Measuring simulation-to-real transfer. The framework provides a reproducible environment for studying how policy quality in simulation predicts real-world performance. The kitchen setting, with its grounded object types and plausible task structure, is closer to real deployment conditions than abstract tabletop benchmarks.
Evaluating generalist manipulation policies. The public leaderboard enables direct comparison across research groups using identical evaluation conditions: same tasks, same scenes, same trial counts, and standardized success metrics.
Studying data scaling laws. The integration of MimicGen means researchers can systematically vary dataset size (from tens to tens of thousands of demonstrations) and measure the resulting policy performance, contributing to an empirical understanding of how robot learning scales with data.
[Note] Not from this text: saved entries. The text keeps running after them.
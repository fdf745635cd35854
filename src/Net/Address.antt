-- ===== src/Net/Address.antt =====
-- net.SplitHostPort and net.JoinHostPort; and the addresses of internal/transfer/p2p.go.
use goxfer.Base.{
  ℕ, ◌≡◌, refl, Bool, true, false, not, ◌||◌, [], ◌∷◌, ◌++◌, Option, none, some, Text, codes,
  text_eq, is_empty, ◌==◌, if◌then◌else◌, arith,
}

abbrev pub has_byte : ℕ → Text → Bool
has_byte b [] = false
has_byte b (c ∷ s) = c == b || has_byte b s

abbrev split_before : ℕ → ℕ → Text → Option (Text × Text) → Option (Text × Text)
split_before b c s none = if c == b then some ([], s) else none
split_before b c s (some (front, back)) = some (c ∷ front, back)

-- What is before the last `b`, and behind it.
unfoldable pub split_last : ℕ → Text → Option (Text × Text)
split_last b [] = none
split_last b (c ∷ s) = split_before b c s (split_last b s)

-- What is before the first `b`, and behind it.
abbrev add_front : ℕ → Option (Text × Text) → Option (Text × Text)
add_front c none = none
add_front c (some (front, back)) = some (c ∷ front, back)

abbrev split_first : ℕ → Text → Option (Text × Text)
split_first b [] = none
split_first b (c ∷ s) =
    let rest = split_first b s in if c == b then some ([], s) else add_front c rest

-- A host in brackets ends just before the last colon.
abbrev bracketed : Text → Option (Text × Text) → Option (Text × Text)
bracketed s none = none
bracketed s (some (host, [])) = none
bracketed s (some (host, c ∷ port)) =
    if not (c == b':')
      || has_byte b':' port
      || has_byte b'[' host
      || has_byte b'[' port
      || has_byte b']' port
    then none
    else some (host, port)

abbrev unbracketed : Option (Text × Text) → Option (Text × Text)
unbracketed none = none
unbracketed (some (host, port)) =
    if has_byte b':' host
      || has_byte b'[' host
      || has_byte b'[' port
      || has_byte b']' host
      || has_byte b']' port
    then none
    else some (host, port)

abbrev split_address : Text → Option (Text × Text)
split_address [] = none
split_address (c ∷ s) =
    if c == b'[' then bracketed s (split_first b']' s) else unbracketed (split_last b':' (c ∷ s))

unfoldable pub split_host_port : Text → Option (Text × Text)
unfolding split_last
split_host_port s = split_address s

unfoldable pub join_host_port : Text → Text → Text
join_host_port host port =
    if has_byte b':' host
    then codes "[" ++ (host ++ (codes "]:" ++ port))
    else host ++ (codes ":" ++ port)

abbrev is_unspecified : Text → Bool
is_unspecified host =
    is_empty host
    || text_eq host (codes "0.0.0.0")
    || text_eq host (codes "::")
    || text_eq host (codes "[::]")

abbrev receiver_address : Text → Option (Text × Text) → Text
receiver_address addr none = addr
receiver_address addr (some (host, port)) =
    if is_unspecified host
    then join_host_port (codes "<sender-public-host>") port
    else join_host_port host port

unfoldable pub direct_receiver_addr : Text → Text
direct_receiver_addr addr = receiver_address addr (split_host_port addr)

-- Texts without the characters that the two functions look for.
abbrev pub is_plain_host : Text → Bool
is_plain_host t = not (has_byte b':' t || has_byte b'[' t || has_byte b']' t)

split_last-none : (port : Text) → has_byte b':' port ≡ false → split_last b':' port ≡ none
unfolding split_last
split_last-none [] h = refl
split_last-none (c ∷ port) h = ground (arith, split_last-none port)

split_last-append :
    (host port : Text)
    → has_byte b':' port ≡ false
    → split_last b':' (host ++ (b':' ∷ port)) ≡ some (host, port)
unfolding split_last
split_last-append [] port h = rw (split_last-none port h)
split_last-append (c ∷ host) port h = rw (split_last-append host port h)

pub split_host_port-join_host_port :
    (host port : Text)
    → is_plain_host host ≡ true
    → is_plain_host port ≡ true
    → split_host_port (join_host_port host port) ≡ some (host, port)
unfolding split_host_port join_host_port
split_host_port-join_host_port [] port h k = ground (arith, split_last-none port)
split_host_port-join_host_port (c ∷ host) port h k =
    ground (arith, split_last-append (c ∷ host) port)
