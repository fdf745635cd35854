-- ===== src/Net/Ledger.antt =====
-- What the calls of the net package leave open.
use goxfer.Base.{
  ℕ, ◌≡◌, ◌∙◌, ap, arith, List, [], ◌∷◌, Option, none, some, Bytes, Text, Proc, Outcome, done, fail,
}
use goxfer.Base.Triple.{Triple, Holds, Triple-on_failure, on_failure}
use goxfer.Net.{
  Net, dialled, accepted, bound, with_conn, dial_tcp, accept_tcp, listen_tcp, write_tcp,
  print_command, close_tcp, without,
}
use goxfer.Session.{Conn, SessionError, write_outcome}

abbrev pub Open : List ℕ → Net → Type 0
Open os n = n.opened ≡ os

-- A call that may open one thing more, and does so exactly if it does not fail.
abbrev pub Opens : {E A : Type 0} → (A → ℕ) → Proc Net E A → Type 0
Opens {E} {A} number m = (os : List ℕ) → Triple (Open os) m (λ a. Open (number a ∷ os)) (Open os)

-- A call that opens and closes nothing.
abbrev pub Settles : {E A : Type 0} → Proc Net E A → Type 0
Settles {E} {A} m = (os : List ℕ) → Triple (Open os) m (λ a. Open os) (Open os)

module _ {E : Type 0} (e : E) where
  pub dial_tcp-Opens : Opens (λ c. c) (dial_tcp e)
  unfolding dial_tcp
  dial_tcp-Opens os = record { holds = λ n p. go n n.dials p }
    where
      go :
          (n : Net) (ds : List (Option Conn))
          → Open os n
          → Holds (λ c. Open (c ∷ os)) (Open os) (dialled e n ds)
      go n [] p = p
      go n (none ∷ ds) p = p
      go n (some c ∷ ds) p = ap (λ l. n.next_number ∷ l) p

  pub accept_tcp-Opens : Opens (λ c. c) (accept_tcp e)
  unfolding accept_tcp
  accept_tcp-Opens os = record { holds = λ n p. go n n.accepts p }
    where
      go :
          (n : Net) (cs : List (Option Conn))
          → Open os n
          → Holds (λ c. Open (c ∷ os)) (Open os) (accepted e n cs)
      go n [] p = p
      go n (none ∷ cs) p = p
      go n (some c ∷ cs) p = ap (λ l. n.next_number ∷ l) p

  pub listen_tcp-Opens : Opens (λ l. l.0) (listen_tcp e)
  unfolding listen_tcp
  listen_tcp-Opens os = record { holds = λ n p. go n n.binds p }
    where
      go :
          (n : Net) (ps : List (Option ℕ))
          → Open os n
          → Holds (λ l. Open (l.0 ∷ os)) (Open os) (bound e n ps)
      go n [] p = p
      go n (none ∷ ps) p = p
      go n (some port ∷ ps) p = ap (λ l. n.next_number ∷ l) p

  pub write_tcp-Settles : (c : ℕ) (bytes : Bytes) → Settles (write_tcp e c bytes)
  unfolding write_tcp
  write_tcp-Settles c bytes os = record {
    holds = λ n p. go n (write_outcome bytes (n.conns c) (n.conns c).writes) p;
  }
    where
      go :
          (n : Net) (o : Outcome Conn SessionError (Unit {0}))
          → Open os n
          → Holds (λ _. Open os) (Open os) (with_conn e c n o)
      go n (done x conn) p = p
      go n (fail x conn) p = p

pub print_command-Settles : {E : Type 0} (t : Text) → Settles (print_command {E = E} t)
unfolding print_command
print_command-Settles t os = record { holds = λ n p. p }

without_self : (c : ℕ) (os : List ℕ) → without c (c ∷ os) ≡ os
without_self c os = ground arith

-- Closing the last thing that was opened.
pub close_tcp-Open : (c : ℕ) (os : List ℕ) (n : Net) → Open (c ∷ os) n → Open os (close_tcp c n)
unfolding close_tcp
close_tcp-Open c os n h = ap (without c) h ∙ without_self c os

-- A step between opening a connection and returning it, which closes it when it fails.
pub guarded :
    {E A : Type 0} (c : ℕ) (m : Proc Net E A)
    → Settles m
    → (os : List ℕ)
    → Triple (Open (c ∷ os)) (on_failure (close_tcp c) m) (λ _. Open (c ∷ os)) (Open os)
guarded c m settles os =
    Triple-on_failure (close_tcp c) m (settles (c ∷ os)) (λ n p. close_tcp-Open c os n p)

close_two : (c d : ℕ) (os : List ℕ) → without d (without c (d ∷ c ∷ os)) ≡ os
close_two c d os = ground arith

pub close_tcp-close_tcp :
    (c d : ℕ) (os : List ℕ) (n : Net) → Open (d ∷ c ∷ os) n → Open os (close_tcp d (close_tcp c n))
unfolding close_tcp
close_tcp-close_tcp c d os n h = ap (λ l. without d (without c l)) h ∙ close_two c d os
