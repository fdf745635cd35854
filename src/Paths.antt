-- ===== src/Paths.antt =====
-- path/filepath on Unix, as far as the program uses it. Paths are worked on by their elements.
pub mod Clean
use goxfer.Base.{
  ℕ, Bool, true, false, not, ◌&&◌, ◌||◌, List, [], ◌∷◌, ◌++◌, Text, codes, text_eq, is_empty, ◌==◌,
  if◌then◌else◌,
}

abbrev pub slash : ℕ
slash = b'/'

abbrev pub dot : Text
dot = codes "."

abbrev pub dot_dot : Text
dot_dot = codes ".."

abbrev pub cons_first : ℕ → List Text → List Text
cons_first c [] = (c ∷ []) ∷ []
cons_first c (t ∷ ts) = (c ∷ t) ∷ ts

-- strings.Split(s, "/"): the empty text has one empty element.
unfoldable pub elements : Text → List Text
elements [] = [] ∷ []
elements (c ∷ s) = let rest = elements s in if c == slash then [] ∷ rest else cons_first c rest

-- strings.Join(ts, "/")
unfoldable pub join_elements : List Text → Text
join_elements [] = []
join_elements (t ∷ []) = t
join_elements (t ∷ u ∷ ts) = t ++ (slash ∷ join_elements (u ∷ ts))

-- filepath.IsAbs
unfoldable pub is_abs : Text → Bool
is_abs [] = false
is_abs (c ∷ s) = c == slash

-- One element of the path on the stack of those before it, the last one first: `..` takes back
-- the element before it; at the root there is none to take back.
abbrev pub pop : Bool → List Text → List Text
pop rooted [] = if rooted then [] else dot_dot ∷ []
pop rooted (t ∷ stack) = if text_eq t dot_dot then dot_dot ∷ t ∷ stack else stack

unfoldable pub push : Bool → Text → List Text → List Text
push rooted t stack =
    if is_empty t || text_eq t dot
    then stack
    else if text_eq t dot_dot
    then pop rooted stack
    else t ∷ stack

unfoldable pub clean_onto : Bool → List Text → List Text → List Text
clean_onto rooted stack [] = stack
clean_onto rooted stack (t ∷ ts) = clean_onto rooted (push rooted t stack) ts

abbrev pub reverse_onto : List Text → List Text → List Text
reverse_onto [] acc = acc
reverse_onto (t ∷ ts) acc = reverse_onto ts (t ∷ acc)

-- The elements of filepath.Clean(s), first one first.
unfoldable pub clean_elements : Text → List Text
unfolding clean_onto push elements is_abs text_eq
clean_elements s = reverse_onto (clean_onto (is_abs s) [] (elements s)) []

abbrev pub spell : Bool → List Text → Text
spell true ts = slash ∷ join_elements ts
spell false [] = dot
spell false (t ∷ ts) = join_elements (t ∷ ts)

-- filepath.Clean
unfoldable pub clean : Text → Text
unfolding clean_elements join_elements is_abs
clean s = spell (is_abs s) (clean_elements s)

-- filepath.Join of two elements
unfoldable pub join : Text → Text → Text
unfolding clean
join [] [] = []
join [] (c ∷ t) = clean (c ∷ t)
join (c ∷ s) t = clean ((c ∷ s) ++ (slash ∷ t))

-- filepath.Base: the last element that is not empty.
abbrev pub last_nonempty : Text → List Text → Text
last_nonempty found [] = found
last_nonempty found ([] ∷ ts) = last_nonempty found ts
last_nonempty found ((c ∷ t) ∷ ts) = last_nonempty (c ∷ t) ts

unfoldable pub base : Text → Text
unfolding elements
base [] = dot
base (c ∷ s) = last_nonempty (codes "/") (elements (c ∷ s))

-- All but the last of the elements, each with its slash.
abbrev pub all_but_last : List Text → Text
all_but_last [] = []
all_but_last (t ∷ []) = []
all_but_last (t ∷ u ∷ ts) = t ++ (slash ∷ all_but_last (u ∷ ts))

-- filepath.Dir
unfoldable pub dir : Text → Text
unfolding clean elements
dir s = clean (all_but_last (elements s))

-- filepath.Ext: from the last dot of the last element.
abbrev pub ext_of : Text → Text → Text
ext_of found [] = found
ext_of found (c ∷ s) = ext_of (if c == b'.' then c ∷ s else if c == slash then [] else found) s

unfoldable pub ext : Text → Text
ext s = ext_of [] s
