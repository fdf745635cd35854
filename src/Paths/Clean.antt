-- ===== src/Paths/Clean.antt =====
-- path/filepath: what a cleaned path looks like.
use goxfer.Base.{
  ℕ, ◌≡◌, refl, sym, ap, ◌∙◌, subst, ◌≢◌, Bool, true, false, ◌||◌, List, [], ◌∷◌, ◌++◌, Text,
  text_eq, text_eq_iff, is_empty, not, ◌&&◌, ◌==◌, arith, Bool-cases, inl, inr,
}
use goxfer.Paths.{
  slash, cons_first, dot, dot_dot, push, pop, clean_onto, reverse_onto, clean_elements, elements,
  join_elements, is_abs, join, spell,
}

-- An element that names something directly below the directory that it stands in.
abbrev pub no_slash : Text → Bool
no_slash [] = true
no_slash (c ∷ t) = not (c == slash) && no_slash t

abbrev pub IsProper : Text → Type 0
IsProper t = (t ≢ []) × (t ≢ dot) × (t ≢ dot_dot) × (no_slash t ≡ true)

abbrev pub AllProper : List Text → Type 0
AllProper [] = Unit
AllProper (t ∷ ts) = IsProper t × AllProper ts

abbrev pub AllNoSlash : List Text → Type 0
AllNoSlash [] = Unit
AllNoSlash (t ∷ ts) = (no_slash t ≡ true) × AllNoSlash ts

cons_first-AllNoSlash :
    (c : ℕ) (ts : List Text) → (c == slash) ≡ false → AllNoSlash ts → AllNoSlash (cons_first c ts)
cons_first-AllNoSlash c [] e h = ground arith
cons_first-AllNoSlash c (t ∷ ts) e (p, h) = (ground arith, h)

elements-AllNoSlash : (s : Text) → AllNoSlash (elements s)
unfolding elements
elements-AllNoSlash [] = (refl, tt)
elements-AllNoSlash (c ∷ s) = elim (Bool-cases (c == slash)) [
  | inl e ↦ rw e (refl, elements-AllNoSlash s)
  | inr e ↦ rw e (cons_first-AllNoSlash c (elements s) e (elements-AllNoSlash s))
]

pop-AllProper : (stack : List Text) → AllProper stack → AllProper (pop true stack)
pop-AllProper [] h = h
pop-AllProper (t ∷ stack) (p, h) = elim (Bool-cases (text_eq t dot_dot)) [
  | inl up ↦ absurd (p.2 ((text_eq_iff t dot_dot).0 up))
  | inr named ↦ rw named h
]

IsProper-of_tests :
    (t : Text)
    → (is_empty t || text_eq t dot) ≡ false
    → text_eq t dot_dot ≡ false
    → no_slash t ≡ true
    → IsProper t
IsProper-of_tests [] keep named free = cc
IsProper-of_tests (c ∷ t) keep named free = (
  λ e. cc,
  λ e. cc ((text_eq_iff (c ∷ t) dot).1 e),
  λ e. cc ((text_eq_iff (c ∷ t) dot_dot).1 e),
  free,
)

push-AllProper :
    (t : Text) (stack : List Text)
    → no_slash t ≡ true
    → AllProper stack
    → AllProper (push true t stack)
unfolding push
push-AllProper t stack free h = elim (Bool-cases (is_empty t || text_eq t dot)) [
  | inl skip ↦ rw skip h
  | inr keep ↦ elim (Bool-cases (text_eq t dot_dot)) [
    | inl up ↦ rw (keep, up) (pop-AllProper stack h)
    | inr named ↦ rw (keep, named) (IsProper-of_tests t keep named free, h)
  ]
]

clean_onto-AllProper :
    (ts stack : List Text) → AllNoSlash ts → AllProper stack → AllProper (clean_onto true stack ts)
unfolding clean_onto
clean_onto-AllProper [] stack _ h = h
clean_onto-AllProper (t ∷ ts) stack (free, more) h =
    clean_onto-AllProper ts (push true t stack) more (push-AllProper t stack free h)

reverse_onto-AllProper :
    (ts acc : List Text) → AllProper ts → AllProper acc → AllProper (reverse_onto ts acc)
reverse_onto-AllProper [] acc h k = k
reverse_onto-AllProper (t ∷ ts) acc (p, h) k = reverse_onto-AllProper ts (t ∷ acc) h (p, k)

-- A cleaned absolute path never leads upwards.
pub clean_elements-AllProper : (s : Text) → is_abs s ≡ true → AllProper (clean_elements s)
unfolding clean_elements
clean_elements-AllProper s h =
    subst (λ r. AllProper (reverse_onto (clean_onto r [] (elements s)) [])) (sym h)
      (reverse_onto-AllProper (clean_onto true [] (elements s)) []
        (clean_onto-AllProper (elements s) [] (elements-AllNoSlash s) tt) tt)

first_ne_nil : (c : ℕ) (ts : List Text) → cons_first c ts ≢ []
first_ne_nil c [] = λ e. cc
first_ne_nil c (t ∷ ts) = λ e. cc

elements-ne-nil : (s : Text) → elements s ≢ []
unfolding elements
elements-ne-nil [] = λ e. cc
elements-ne-nil (c ∷ s) = λ e. first_ne_nil c (elements s) (ground arith)

cons_first-append :
    (c : ℕ) (ts us : List Text) → ts ≢ [] → cons_first c (ts ++ us) ≡ cons_first c ts ++ us
cons_first-append c [] us h = absurd (h refl)
cons_first-append c (t ∷ ts) us h = refl

pub elements-no_slash : (t : Text) → no_slash t ≡ true → elements t ≡ t ∷ []
unfolding elements
elements-no_slash [] h = refl
elements-no_slash (c ∷ t) h = ground (arith, elements-no_slash t)

-- The elements of a path and of its spelling.
pub elements-slash : (a b : Text) → elements (a ++ (slash ∷ b)) ≡ elements a ++ elements b
unfolding elements
elements-slash [] b = refl
elements-slash (c ∷ a) b = elim (Bool-cases (c == slash)) [
  | inl e ↦ rw (e, elements-slash a b)
  | inr e ↦
      rw (e, elements-slash a b) (cons_first-append c (elements a) (elements b) (elements-ne-nil a))
]

pub elements-join_elements :
    (t : Text) (ts : List Text) → AllNoSlash (t ∷ ts) → elements (join_elements (t ∷ ts)) ≡ t ∷ ts
unfolding join_elements
elements-join_elements t [] (free, _) = elements-no_slash t free
elements-join_elements t (u ∷ ts) (free, more) =
    elements-slash t (join_elements (u ∷ ts))
    ∙ rw (elements-no_slash t free, elements-join_elements u ts more)

-- `k` names something below the directory `d`, without ever leading upwards.
abbrev pub IsInside : Text → Text → Type 0
IsInside d k = (rest : Text) × (k ≡ d ++ (slash ∷ rest)) × AllProper (elements rest)

pub AllProper-NoSlash : (ts : List Text) → AllProper ts → AllNoSlash ts
AllProper-NoSlash [] h = tt
AllProper-NoSlash (t ∷ ts) (p, h) = (p.3, AllProper-NoSlash ts h)

AllProper-suffix : (ts us : List Text) → AllProper (ts ++ us) → AllProper us
AllProper-suffix [] us h = h
AllProper-suffix (t ∷ ts) us (_, h) = AllProper-suffix ts us h

join_inside :
    (ts : List Text) (d rest : Text)
    → AllProper ts
    → join_elements ts ≡ d ++ (slash ∷ rest)
    → AllProper (elements rest)
unfolding join_elements
join_inside [] [] rest h e = cc
join_inside [] (c ∷ d) rest h e = cc
join_inside (t ∷ ts) d rest h e =
    let same =
      sym (elements-join_elements t ts (AllProper-NoSlash (t ∷ ts) h))
      ∙ ap elements e
      ∙ elements-slash d rest in
    AllProper-suffix (elements d) (elements rest) (subst AllProper same h)

-- An absolute cleaned path that begins with a directory and a slash lies inside it.
pub spell_inside :
    (ts : List Text) (d rest : Text)
    → AllProper ts
    → spell true ts ≡ d ++ (slash ∷ rest)
    → is_abs d ≡ true
    → AllProper (elements rest)
unfolding is_abs
spell_inside ts [] rest h e a = cc
spell_inside ts (c ∷ d) rest h e a = join_inside ts d rest h (ground arith)

-- Joining to an absolute path gives a cleaned absolute path.
pub join-spell :
    (d t : Text) → is_abs d ≡ true → (ts : List Text) × AllProper ts × (join d t ≡ spell true ts)
unfolding join is_abs
join-spell [] t a = cc
join-spell (c ∷ d) t a = (
  clean_elements path,
  clean_elements-AllProper path a,
  ap (λ r. spell r (clean_elements path)) a,
)
  where
    path : Text
    path = (c ∷ d) ++ (slash ∷ t)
Domain randomization and visual generalization. The 400 AI-generated textures, combined with the procedural variation across 120 or 2,500 scenes, provide a natural testbed for visual domain randomization approaches that try to close the sim-to-real gap.
The RSS 2024 paper is candid about several limitations of the original framework.
Composite task performance remains poor. Even with pretraining, success rates on composite tasks in the original paper topped out around 12%, suggesting that the jump from atomic skills to multi-step activities is not yet solved.
MimicGen-generated trajectories can exhibit artifacts. Because MimicGen adapts demonstrations programmatically rather than physically replanning from scratch, the resulting trajectories sometimes contain jerky motions, near-collisions, or brief interpenetrations that would not appear in human-collected data. Policies trained on these trajectories may inherit some of these motion artifacts.
LLM task generation still requires human implementation. GPT-4 can propose task descriptions, but a human researcher must translate each proposal into a Python environment definition within RoboCasa's task coding framework. This is a bottleneck for scaling the task library beyond what the authors have built.
The dataset lacks coverage of highly dexterous skills, deformable object manipulation, and bimanual tasks. All original RoboCasa tasks use a single-arm mobile manipulator. Tasks requiring two hands, soft materials, or fine-grained fingertip control are absent.
Simulation speed limits reinforcement learning. At 25 FPS, RoboCasa cannot support the millions of environment steps that model-free RL typically requires. The framework is effectively restricted to imitation learning and offline methods.
The environments are limited to kitchens. While kitchens are a natural testbed given their complexity, they do not cover the full range of household environments (bedrooms, bathrooms, living rooms) that a deployable home robot would need to navigate.